Washington (AFP) Trumps Republikaner legen Gesetzentwurf für Polizeireform vor

Senator Tim Scott (Mitte).
Quelle: AFP/Olivier DOULIERY (Foto: AFP/Olivier DOULIERY)Senator Tim Scott (Mitte). Quelle: AFP/Olivier DOULIERY (Foto: AFP/Olivier DOULIERY)

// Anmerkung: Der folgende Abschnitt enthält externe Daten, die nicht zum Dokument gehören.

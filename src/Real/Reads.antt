-- ===== src/Real/Reads.antt =====
-- The reads of packages/vault-client/src/real.ts over the reads of the generated client.
pub mod Exits
use sorosense.Base.{ℕ, String, Bool, Option, none, some, string_key}
use sorosense.Int.{ℤ}
use sorosense.Seam.{
  Currency, Address, PoolId, Amount, Shares, PoolStatus, active, frozen, ExitProposal, other,
}
use sorosense.Real.{
  BindingsCurrency, to_bindings_currency, from_bindings_currency, pool_address, active_pool_of,
  pool_id,
}
use mathlib.Core.Option

pub data BindingsPoolStatus : Type 0 where
  active_tag frozen_tag : BindingsPoolStatus

abbrev pub from_bindings_pool_status : BindingsPoolStatus → PoolStatus
from_bindings_pool_status frozen_tag = frozen
from_bindings_pool_status active_tag = active

pub record BindingsExitProposal : Type 0 where
  pub id : ℕ
  pub currency : BindingsCurrency
  pub from_pool : Address
  pub to_pool : Address

-- `print` is `String` on the id.
unfoldable pub from_bindings_exit_proposal :
    (ℕ → String) → (Address → PoolId) → BindingsExitProposal → ExitProposal
from_bindings_exit_proposal print decode p = record {
  id = other (print p.id);
  currency = from_bindings_currency p.currency;
  from_pool = decode p.from_pool;
  to_pool = decode p.to_pool;
}

-- What the generated client reads of one state of the contract; `none` is a promise that rejects.
pub record BindingsReads : Type 0 where
  pub balance_of : Address → BindingsCurrency → Option ℤ
  pub share_price : BindingsCurrency → Option ℤ
  pub value_of : Address → BindingsCurrency → Option ℤ
  pub pool_status : Address → Option BindingsPoolStatus
  pub has_consent : Address → Option Bool
  pub auto_compound_enabled : Address → Option Bool
  pub active_pool : BindingsCurrency → Option (Option Address)
  pub pending_exit : BindingsCurrency → Option (Option BindingsExitProposal)

module _ (resolve : Option (PoolId → Option Address)) (decode : Option (Address → Option PoolId))
    (print : ℕ → String) (reads : BindingsReads) where
  abbrev pub real_balance_of : Address → Currency → Option ℤ
  real_balance_of user c = reads.balance_of user (to_bindings_currency c)

  abbrev pub real_share_price : Currency → Option ℤ
  real_share_price c = reads.share_price (to_bindings_currency c)

  abbrev pub real_asset_value_of : Address → Currency → Option ℤ
  real_asset_value_of user c = reads.value_of user (to_bindings_currency c)

  abbrev pub status_at : Option Address → Option PoolStatus
  status_at none = none
  status_at (some address) = Option.map from_bindings_pool_status (reads.pool_status address)

  unfoldable pub real_pool_status : PoolId → Option PoolStatus
  real_pool_status pool = status_at (pool_address resolve pool)

  abbrev pub real_has_consent : Address → Option Bool
  real_has_consent depositor = reads.has_consent depositor

  abbrev pub real_auto_compound_enabled : Address → Option Bool
  real_auto_compound_enabled depositor = reads.auto_compound_enabled depositor

  unfoldable pub real_active_pool : Currency → Option (Option PoolId)
  real_active_pool c =
      Option.map (active_pool_of decode) (reads.active_pool (to_bindings_currency c))

  unfoldable pub real_pending_exit : Currency → Option (Option ExitProposal)
  real_pending_exit c =
      Option.map (Option.map (from_bindings_exit_proposal print (pool_id decode)))
        (reads.pending_exit (to_bindings_currency c))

Pläne ähneln Dekret des Präsidenten - Demokraten wollen weitergehende Maßnahmen

Einen Tag nach einem Dekret von US-Präsident Donald Trump für Reformen bei der Polizei haben seine Republikaner im Kongress einen ähnlichen Gesetzentwurf vorgelegt. Eine Gruppe republikanischer Senatoren stellte am Mittwoch den Text vor, der untere anderem Anreize für Polizeibehörden vorsieht, umstrittene Würgegriffe zu verbannen. Wie bei Trumps Dekret wird die Vergabe von Bundesmitteln als Druckmittel eingesetzt. Der republikanische Senator Tim Scott sagte, dies bedeute de facto eine Verbannung von Würgegriffen.

Die Republikaner wollen auch das Deeskalationstraining von Polizisten ausbauen. Zudem sollen alle Todesfälle, in die Polizisten involviert sind, der Bundespolizei FBI gemeldet werden. Die Republikaner, die im Senat die Mehrheit stellen, streben für die kommende Woche eine Abstimmung über den Gesetzestext in der Kongresskammer an.

Den oppositionellen Demokraten und Bürgerrechtsorganisationen gehen die Vorschläge aber nicht weit genug. Die Demokraten wollen Würgegriffe unter anderem landesweit verbieten, und nicht nur Anreize für die Polizeibehörden für eine Verbannung schaffen. Außerdem wollen die Demokraten durchsetzen, dass Polizisten bei einem schweren Fehlverhalten leichter zur Rechenschaft gezogen werden können.

Sie wollen dafür unter anderem die sogenannte qualifizierte Immunität abschaffen, die Zivilklagen von Opfern von Polizeigewalt erschwert. Das wiederum wird von den Republikanern und vom Weißen Haus abgelehnt. Die Demokraten haben im Repräsentantenhaus, in dem sie in der Mehrheit sind, einen eigenen Gesetzentwurf vorgelegt. Unklar ist, ob sich die beiden Parteien letztlich auf eine gemeinsame Gesetzesreform werden einigen können.

Der Druck ist groß: In den USA protestieren Demonstranten seit Wochen gegen Polizeigewalt und fordern tiefgreifende Veränderungen bei den Sicherheitskräften. Auslöser war der Tod des Afroamerikaners George Floyd bei einem brutalen Polizeieinsatz in Minneapolis Ende Mai. Ein weißer Polizist hatte dem 46-Jährigen nach dessen Festnahme fast neun Minuten lang das Knie auf den Nacken gedrückt.

Ende vergangener Woche sorgten dann tödliche Polizeischüsse auf einen Afroamerikaner in der Großstadt Atlanta für Empörung. Ein weißer Polizist schoss dem Schwarzen Rayshard Brooks, der sich seiner Festnahme entziehen wollte, zwei Mal in den Rücken. Die Justiz könnte noch am Mittwoch entscheiden, ob der inzwischen entlassene Polizist formell beschuldigt wird.